(Saved data entries)

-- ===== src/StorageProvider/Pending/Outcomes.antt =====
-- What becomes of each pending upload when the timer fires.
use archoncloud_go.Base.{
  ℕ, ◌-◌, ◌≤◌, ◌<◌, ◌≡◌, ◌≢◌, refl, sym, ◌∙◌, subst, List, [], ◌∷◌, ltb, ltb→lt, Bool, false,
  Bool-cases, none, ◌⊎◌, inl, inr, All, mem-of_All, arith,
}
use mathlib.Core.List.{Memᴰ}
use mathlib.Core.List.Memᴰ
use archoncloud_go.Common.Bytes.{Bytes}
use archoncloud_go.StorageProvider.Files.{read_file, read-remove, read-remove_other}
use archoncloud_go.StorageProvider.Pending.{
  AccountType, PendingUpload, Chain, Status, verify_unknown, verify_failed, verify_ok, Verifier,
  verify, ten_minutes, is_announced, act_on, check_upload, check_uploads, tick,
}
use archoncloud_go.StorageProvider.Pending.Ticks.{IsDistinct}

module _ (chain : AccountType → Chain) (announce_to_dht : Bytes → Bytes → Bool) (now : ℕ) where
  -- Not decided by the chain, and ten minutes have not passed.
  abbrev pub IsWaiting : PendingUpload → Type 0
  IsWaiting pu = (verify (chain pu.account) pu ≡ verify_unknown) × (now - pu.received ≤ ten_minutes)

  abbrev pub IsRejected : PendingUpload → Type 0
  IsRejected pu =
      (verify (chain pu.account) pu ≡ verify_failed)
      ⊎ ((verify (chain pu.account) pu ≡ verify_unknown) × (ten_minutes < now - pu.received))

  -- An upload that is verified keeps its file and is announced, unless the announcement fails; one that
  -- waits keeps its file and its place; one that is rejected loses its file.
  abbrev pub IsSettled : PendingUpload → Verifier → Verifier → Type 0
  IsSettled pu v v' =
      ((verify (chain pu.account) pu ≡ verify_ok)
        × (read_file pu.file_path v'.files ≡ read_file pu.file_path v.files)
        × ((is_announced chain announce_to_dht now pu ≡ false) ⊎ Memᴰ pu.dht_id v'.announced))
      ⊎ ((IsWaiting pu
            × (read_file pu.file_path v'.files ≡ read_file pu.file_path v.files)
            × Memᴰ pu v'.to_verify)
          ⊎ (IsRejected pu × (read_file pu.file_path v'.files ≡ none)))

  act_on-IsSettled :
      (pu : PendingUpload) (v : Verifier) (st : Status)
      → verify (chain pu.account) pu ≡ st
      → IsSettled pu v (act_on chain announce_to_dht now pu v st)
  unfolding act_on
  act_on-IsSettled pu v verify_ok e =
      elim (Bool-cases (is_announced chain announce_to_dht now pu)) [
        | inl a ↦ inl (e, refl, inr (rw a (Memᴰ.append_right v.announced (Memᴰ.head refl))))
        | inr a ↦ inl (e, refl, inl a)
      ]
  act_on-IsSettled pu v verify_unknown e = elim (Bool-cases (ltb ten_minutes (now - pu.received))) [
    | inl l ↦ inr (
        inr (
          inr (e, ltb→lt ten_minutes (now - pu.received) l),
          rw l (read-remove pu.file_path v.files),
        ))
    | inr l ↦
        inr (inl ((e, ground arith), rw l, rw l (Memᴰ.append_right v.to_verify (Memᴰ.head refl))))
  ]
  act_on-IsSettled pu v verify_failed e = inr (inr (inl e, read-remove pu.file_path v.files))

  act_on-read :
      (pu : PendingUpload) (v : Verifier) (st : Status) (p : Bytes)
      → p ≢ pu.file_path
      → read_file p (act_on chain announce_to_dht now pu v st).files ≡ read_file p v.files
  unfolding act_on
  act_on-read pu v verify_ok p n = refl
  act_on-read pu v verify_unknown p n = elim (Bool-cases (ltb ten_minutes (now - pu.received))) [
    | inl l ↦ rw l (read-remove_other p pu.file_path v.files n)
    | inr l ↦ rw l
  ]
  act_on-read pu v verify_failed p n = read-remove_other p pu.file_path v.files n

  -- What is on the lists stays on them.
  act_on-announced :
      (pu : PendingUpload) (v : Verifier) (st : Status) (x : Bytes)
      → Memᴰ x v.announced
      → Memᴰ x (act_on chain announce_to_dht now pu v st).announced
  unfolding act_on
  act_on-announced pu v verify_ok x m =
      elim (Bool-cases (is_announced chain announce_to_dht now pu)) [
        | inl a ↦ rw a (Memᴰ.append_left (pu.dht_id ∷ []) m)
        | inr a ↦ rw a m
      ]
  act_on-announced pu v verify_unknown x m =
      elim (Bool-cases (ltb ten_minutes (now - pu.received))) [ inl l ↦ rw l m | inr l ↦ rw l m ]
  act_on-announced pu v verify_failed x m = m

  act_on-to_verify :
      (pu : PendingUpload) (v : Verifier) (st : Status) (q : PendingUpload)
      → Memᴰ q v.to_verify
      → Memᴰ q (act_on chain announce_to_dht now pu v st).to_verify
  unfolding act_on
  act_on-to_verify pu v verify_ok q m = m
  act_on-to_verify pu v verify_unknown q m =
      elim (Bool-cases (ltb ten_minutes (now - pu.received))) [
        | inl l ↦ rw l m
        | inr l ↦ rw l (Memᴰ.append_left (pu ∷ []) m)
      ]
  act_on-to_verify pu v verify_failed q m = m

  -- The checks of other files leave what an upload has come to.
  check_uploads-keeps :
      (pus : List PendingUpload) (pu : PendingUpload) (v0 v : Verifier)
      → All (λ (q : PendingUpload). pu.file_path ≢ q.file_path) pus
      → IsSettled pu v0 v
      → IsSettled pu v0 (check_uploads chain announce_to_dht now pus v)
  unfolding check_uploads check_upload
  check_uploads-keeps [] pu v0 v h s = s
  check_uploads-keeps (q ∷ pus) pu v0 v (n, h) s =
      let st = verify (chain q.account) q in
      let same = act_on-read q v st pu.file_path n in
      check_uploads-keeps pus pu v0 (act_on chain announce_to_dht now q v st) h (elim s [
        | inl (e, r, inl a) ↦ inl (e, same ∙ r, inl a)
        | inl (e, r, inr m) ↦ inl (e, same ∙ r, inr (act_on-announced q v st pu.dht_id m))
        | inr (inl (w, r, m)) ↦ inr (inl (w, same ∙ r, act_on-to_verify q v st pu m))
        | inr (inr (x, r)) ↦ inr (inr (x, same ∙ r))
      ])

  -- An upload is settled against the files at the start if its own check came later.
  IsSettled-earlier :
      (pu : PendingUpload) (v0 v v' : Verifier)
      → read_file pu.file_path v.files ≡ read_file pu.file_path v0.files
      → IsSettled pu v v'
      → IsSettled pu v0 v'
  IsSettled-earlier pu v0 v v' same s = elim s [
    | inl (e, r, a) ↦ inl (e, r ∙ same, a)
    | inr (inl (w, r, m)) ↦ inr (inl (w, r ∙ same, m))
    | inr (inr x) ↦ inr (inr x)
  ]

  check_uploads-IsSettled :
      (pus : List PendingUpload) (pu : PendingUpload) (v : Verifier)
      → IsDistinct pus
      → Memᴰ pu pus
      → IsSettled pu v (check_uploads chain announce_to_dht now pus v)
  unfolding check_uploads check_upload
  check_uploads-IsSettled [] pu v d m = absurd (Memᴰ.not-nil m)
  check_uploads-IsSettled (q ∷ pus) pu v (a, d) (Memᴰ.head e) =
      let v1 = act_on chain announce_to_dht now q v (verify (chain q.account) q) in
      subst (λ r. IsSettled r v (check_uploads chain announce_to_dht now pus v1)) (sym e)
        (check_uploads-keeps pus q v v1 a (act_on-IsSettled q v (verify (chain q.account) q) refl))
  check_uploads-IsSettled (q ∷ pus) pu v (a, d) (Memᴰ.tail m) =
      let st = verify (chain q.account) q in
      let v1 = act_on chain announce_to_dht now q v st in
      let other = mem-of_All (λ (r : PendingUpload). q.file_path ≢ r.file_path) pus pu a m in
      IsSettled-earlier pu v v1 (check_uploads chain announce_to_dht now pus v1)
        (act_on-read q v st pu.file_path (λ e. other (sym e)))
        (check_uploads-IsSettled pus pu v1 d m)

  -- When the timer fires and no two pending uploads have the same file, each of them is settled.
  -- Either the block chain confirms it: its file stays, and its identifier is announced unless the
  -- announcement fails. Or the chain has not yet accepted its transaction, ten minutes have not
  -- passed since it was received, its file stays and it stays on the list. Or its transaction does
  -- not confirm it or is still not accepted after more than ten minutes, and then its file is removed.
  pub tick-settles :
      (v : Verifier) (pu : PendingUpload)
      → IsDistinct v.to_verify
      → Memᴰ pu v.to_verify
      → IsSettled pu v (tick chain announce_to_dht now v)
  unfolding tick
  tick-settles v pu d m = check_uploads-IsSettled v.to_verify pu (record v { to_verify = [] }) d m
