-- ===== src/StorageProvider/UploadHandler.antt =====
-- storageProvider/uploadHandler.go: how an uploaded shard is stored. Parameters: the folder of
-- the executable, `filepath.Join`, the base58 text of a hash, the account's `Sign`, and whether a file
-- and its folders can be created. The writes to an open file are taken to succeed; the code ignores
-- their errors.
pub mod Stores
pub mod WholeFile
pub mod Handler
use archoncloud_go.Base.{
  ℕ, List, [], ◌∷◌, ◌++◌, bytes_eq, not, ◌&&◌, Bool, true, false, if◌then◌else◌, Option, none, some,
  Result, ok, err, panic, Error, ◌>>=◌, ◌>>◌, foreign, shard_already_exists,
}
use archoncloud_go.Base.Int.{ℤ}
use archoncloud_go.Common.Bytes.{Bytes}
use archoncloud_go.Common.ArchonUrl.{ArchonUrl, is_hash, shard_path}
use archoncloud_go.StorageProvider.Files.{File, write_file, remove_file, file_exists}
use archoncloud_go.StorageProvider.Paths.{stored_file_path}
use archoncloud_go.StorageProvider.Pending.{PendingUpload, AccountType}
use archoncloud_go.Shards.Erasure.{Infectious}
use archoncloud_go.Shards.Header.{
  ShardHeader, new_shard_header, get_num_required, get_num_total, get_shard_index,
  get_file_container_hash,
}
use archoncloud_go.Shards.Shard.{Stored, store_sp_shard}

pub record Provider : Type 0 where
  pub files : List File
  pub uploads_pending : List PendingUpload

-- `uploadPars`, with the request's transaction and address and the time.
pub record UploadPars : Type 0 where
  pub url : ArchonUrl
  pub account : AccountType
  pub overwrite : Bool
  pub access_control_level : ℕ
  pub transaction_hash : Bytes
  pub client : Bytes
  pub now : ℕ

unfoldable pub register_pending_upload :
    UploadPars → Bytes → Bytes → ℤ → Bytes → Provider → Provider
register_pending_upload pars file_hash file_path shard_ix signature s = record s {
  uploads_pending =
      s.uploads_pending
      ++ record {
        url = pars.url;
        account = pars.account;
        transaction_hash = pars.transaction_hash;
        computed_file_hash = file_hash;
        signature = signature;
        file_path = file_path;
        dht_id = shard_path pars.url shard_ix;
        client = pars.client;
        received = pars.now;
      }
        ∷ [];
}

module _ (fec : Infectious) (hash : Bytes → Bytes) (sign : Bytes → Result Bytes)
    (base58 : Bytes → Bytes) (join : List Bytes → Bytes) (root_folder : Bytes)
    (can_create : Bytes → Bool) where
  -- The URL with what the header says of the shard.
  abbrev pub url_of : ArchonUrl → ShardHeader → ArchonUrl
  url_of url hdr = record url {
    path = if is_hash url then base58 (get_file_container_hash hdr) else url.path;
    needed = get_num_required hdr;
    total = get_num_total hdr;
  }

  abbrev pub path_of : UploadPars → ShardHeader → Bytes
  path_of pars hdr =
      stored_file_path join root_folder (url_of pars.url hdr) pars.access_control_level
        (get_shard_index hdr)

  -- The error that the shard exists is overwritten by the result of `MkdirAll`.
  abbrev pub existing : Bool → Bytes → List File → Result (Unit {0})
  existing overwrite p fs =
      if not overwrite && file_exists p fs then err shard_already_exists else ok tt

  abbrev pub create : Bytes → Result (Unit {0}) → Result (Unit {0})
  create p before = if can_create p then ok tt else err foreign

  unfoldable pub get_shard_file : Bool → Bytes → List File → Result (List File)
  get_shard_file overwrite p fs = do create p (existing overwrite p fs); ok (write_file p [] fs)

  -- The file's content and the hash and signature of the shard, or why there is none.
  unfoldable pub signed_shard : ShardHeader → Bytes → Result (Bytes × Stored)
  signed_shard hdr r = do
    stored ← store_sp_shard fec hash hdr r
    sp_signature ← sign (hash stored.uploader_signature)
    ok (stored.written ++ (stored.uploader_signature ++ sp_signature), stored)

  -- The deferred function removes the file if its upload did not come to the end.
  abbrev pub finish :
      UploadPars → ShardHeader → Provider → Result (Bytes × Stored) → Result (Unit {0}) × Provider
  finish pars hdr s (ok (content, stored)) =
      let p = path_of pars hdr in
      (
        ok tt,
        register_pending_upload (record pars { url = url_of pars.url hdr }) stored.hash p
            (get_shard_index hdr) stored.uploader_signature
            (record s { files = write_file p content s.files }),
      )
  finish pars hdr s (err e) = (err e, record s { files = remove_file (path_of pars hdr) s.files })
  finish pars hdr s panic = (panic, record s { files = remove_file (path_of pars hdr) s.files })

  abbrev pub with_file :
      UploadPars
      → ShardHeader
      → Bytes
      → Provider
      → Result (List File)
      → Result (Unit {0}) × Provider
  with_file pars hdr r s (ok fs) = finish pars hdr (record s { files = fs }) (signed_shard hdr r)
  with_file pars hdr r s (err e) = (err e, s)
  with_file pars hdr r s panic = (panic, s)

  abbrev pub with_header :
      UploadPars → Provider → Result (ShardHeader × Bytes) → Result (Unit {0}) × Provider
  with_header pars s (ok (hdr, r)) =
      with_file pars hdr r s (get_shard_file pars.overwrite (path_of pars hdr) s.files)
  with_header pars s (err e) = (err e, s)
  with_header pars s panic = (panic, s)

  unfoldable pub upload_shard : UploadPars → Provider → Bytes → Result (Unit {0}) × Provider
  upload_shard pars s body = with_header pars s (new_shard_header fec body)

| Assignment |
Tally the lines of the records that hold the word "content" and output only the total.

| Response area |
3